>>>

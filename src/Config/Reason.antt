-- ===== src/Config/Reason.antt =====
-- src/config/reason.rs: why an account is out of rotation, and the column that stores it; with
-- `AuthMethod` of src/config/cookie.rs. A text that is read letter by letter is a list of bytes.
pub mod RoundTrip
use Prim.Native.Char.{code}
use text.Mathlib.Text.{◌==◌ as str_eq}
use clewdr_hub.Common.{
  ℕ, String, Bool, true, false, ◌&&◌, Option, none, some, List, [], ◌∷◌, ◌++◌, ◌==◌, if◌then◌else◌,
  or_else, and_then, unwrap_or, ℤ, pos,
}
use clewdr_hub.Config.Decimal.{print_i64, parse_i64}

-- `Reason`. The timestamps are in UNIX seconds.
pub data Reason : Type 0 where
  free disabled banned null : Reason
  restricted too_many_request : ℤ → Reason

-- `AuthMethod`.
pub data AuthMethod : Type 0 where
  cookie oauth api_key : AuthMethod

-- `AuthMethod::from_auth_source`.
unfoldable pub from_auth_source : String → AuthMethod
from_auth_source s =
    if str_eq s "oauth" then oauth else if str_eq s "api_key" then api_key else cookie

-- The equality that `AuthMethod` derives.
unfoldable pub auth_method_eq : AuthMethod → AuthMethod → Bool
auth_method_eq cookie cookie = true
auth_method_eq oauth oauth = true
auth_method_eq api_key api_key = true
auth_method_eq _ _ = false

-- `InvalidAccountSlot`.
pub record InvalidAccountSlot : Type 0 where
  pub account_id : ℕ
  pub auth_method : AuthMethod
  pub reason : Reason

abbrev pub codes : String → List ℕ
codes String.[] = []
codes (String.◌∷◌ c s) = code c ∷ codes s

-- `==` on texts.
unfoldable pub text_eq : List ℕ → List ℕ → Bool
text_eq [] [] = true
text_eq (a ∷ s) (b ∷ t) = a == b && text_eq s t
text_eq _ _ = false

-- `str::strip_prefix`, the prefix first.
unfoldable pub strip_prefix : List ℕ → List ℕ → Option (List ℕ)
strip_prefix [] s = some s
strip_prefix (a ∷ p) [] = none
strip_prefix (a ∷ p) (b ∷ s) = let rest = strip_prefix p s in if a == b then rest else none

-- A timestamp that cannot be read counts as 0.
abbrev timestamp : List ℕ → ℤ
timestamp ts = unwrap_or (parse_i64 ts) (pos 0)

-- `Reason::from_db_string_checked`.
unfoldable pub from_db_string_checked : List ℕ → Option Reason
unfolding text_eq strip_prefix
from_db_string_checked s =
    if text_eq s (codes "free")
    then some free
    else if text_eq s (codes "disabled")
    then some disabled
    else if text_eq s (codes "banned")
    then some banned
    else if text_eq s (codes "null")
    then some null
    else elim (strip_prefix (codes "restricted:") s) [
      | some ts ↦ some (restricted (timestamp ts))
      | none ↦
          and_then (strip_prefix (codes "too_many_request:") s)
            (λ ts. some (too_many_request (timestamp ts)))
    ]

-- `Reason::to_db_string`.
unfoldable pub to_db_string : Reason → List ℕ
to_db_string free = codes "free"
to_db_string disabled = codes "disabled"
to_db_string banned = codes "banned"
to_db_string null = codes "null"
to_db_string (restricted ts) = codes "restricted:" ++ print_i64 ts
to_db_string (too_many_request ts) = codes "too_many_request:" ++ print_i64 ts

-- `Reason::from_db_string`.
unfoldable pub from_db_string : List ℕ → Reason
from_db_string s = unwrap_or (from_db_string_checked s) null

<<<

§ **TASK BRIEF**
Write each entry out again, exactly as it reads above.

§ **ANSWER SECTION**
filename src/Config/Reason.antt
-- ===== src/Config/Reason.antt =====
-- src/config/reason.rs: why an account is out of rotation, and the column that stores it; with
-- `AuthMethod` of src/config/cookie.rs. A text that is read letter by letter is a list of bytes.
pub mod RoundTrip
use Prim.Native.Char.{code}
use text.Mathlib.Text.{◌==◌ as str_eq}
use clewdr_hub.Common.{
  ℕ, String, Bool, true, false, ◌&&◌, Option, none, some, List, [], ◌∷◌, ◌++◌, ◌==◌, if◌then◌else◌,
  or_else, and_then, unwrap_or, ℤ, pos,
}
use clewdr_hub.Config.Decimal.{print_i64, parse_i64}

-- `Reason`. The timestamps are in UNIX seconds.
pub data Reason : Type 0 where
  free disabled banned null : Reason
  restricted too_many_request : ℤ → Reason

-- `AuthMethod`.
pub data AuthMethod : Type 0 where
  cookie oauth api_key : AuthMethod

-- `AuthMethod::from_auth_source`.
unfoldable pub from_auth_source : String → AuthMethod
from_auth_source s =
    if str_eq s "oauth" then oauth else if str_eq s "api_key" then api_key else cookie

-- The equality that `AuthMethod` derives.
unfoldable pub auth_method_eq : AuthMethod → AuthMethod → Bool
auth_method_eq cookie cookie = true
auth_method_eq oauth oauth = true
auth_method_eq api_key api_key = true
auth_method_eq _ _ = false

-- `InvalidAccountSlot`.
pub record InvalidAccountSlot : Type 0 where
  pub account_id : ℕ
  pub auth_method : AuthMethod
  pub reason : Reason

abbrev pub codes : String → List ℕ
codes String.[] = []
codes (String.◌∷◌ c s) = code c ∷ codes s

-- `==` on texts.
unfoldable pub text_eq : List ℕ → List ℕ → Bool
text_eq [] [] = true
text_eq (a ∷ s) (b ∷ t) = a == b && text_eq s t
text_eq _ _ = false

-- `str::strip_prefix`, the prefix first.
unfoldable pub strip_prefix : List ℕ → List ℕ → Option (List ℕ)
strip_prefix [] s = some s
strip_prefix (a ∷ p) [] = none
strip_prefix (a ∷ p) (b ∷ s) = let rest = strip_prefix p s in if a == b then rest else none

-- A timestamp that cannot be read counts as 0.
abbrev timestamp : List ℕ → ℤ
timestamp ts = unwrap_or (parse_i64 ts) (pos 0)

-- `Reason::from_db_string_checked`.
unfoldable pub from_db_string_checked : List ℕ → Option Reason
unfolding text_eq strip_prefix
from_db_string_checked s =
    if text_eq s (codes "free")
    then some free
    else if text_eq s (codes "disabled")
    then some disabled
    else if text_eq s (codes "banned")
    then some banned
    else if text_eq s (codes "null")
    then some null
    else elim (strip_prefix (codes "restricted:") s) [
      | some ts ↦ some (restricted (timestamp ts))
      | none ↦
          and_then (strip_prefix (codes "too_many_request:") s)
            (λ ts. some (too_many_request (timestamp ts)))
    ]

-- `Reason::to_db_string`.
unfoldable pub to_db_string : Reason → List ℕ
to_db_string free = codes "free"
to_db_string disabled = codes "disabled"
to_db_string banned = codes "banned"
to_db_string null = codes "null"
to_db_string (restricted ts) = codes "restricted:" ++ print_i64 ts
to_db_string (too_many_request ts) = codes "too_many_request:" ++ print_i64 ts

-- `Reason::from_db_string`.
unfoldable pub from_db_string : List ℕ → Reason
from_db_string s = unwrap_or (from_db_string_checked s) null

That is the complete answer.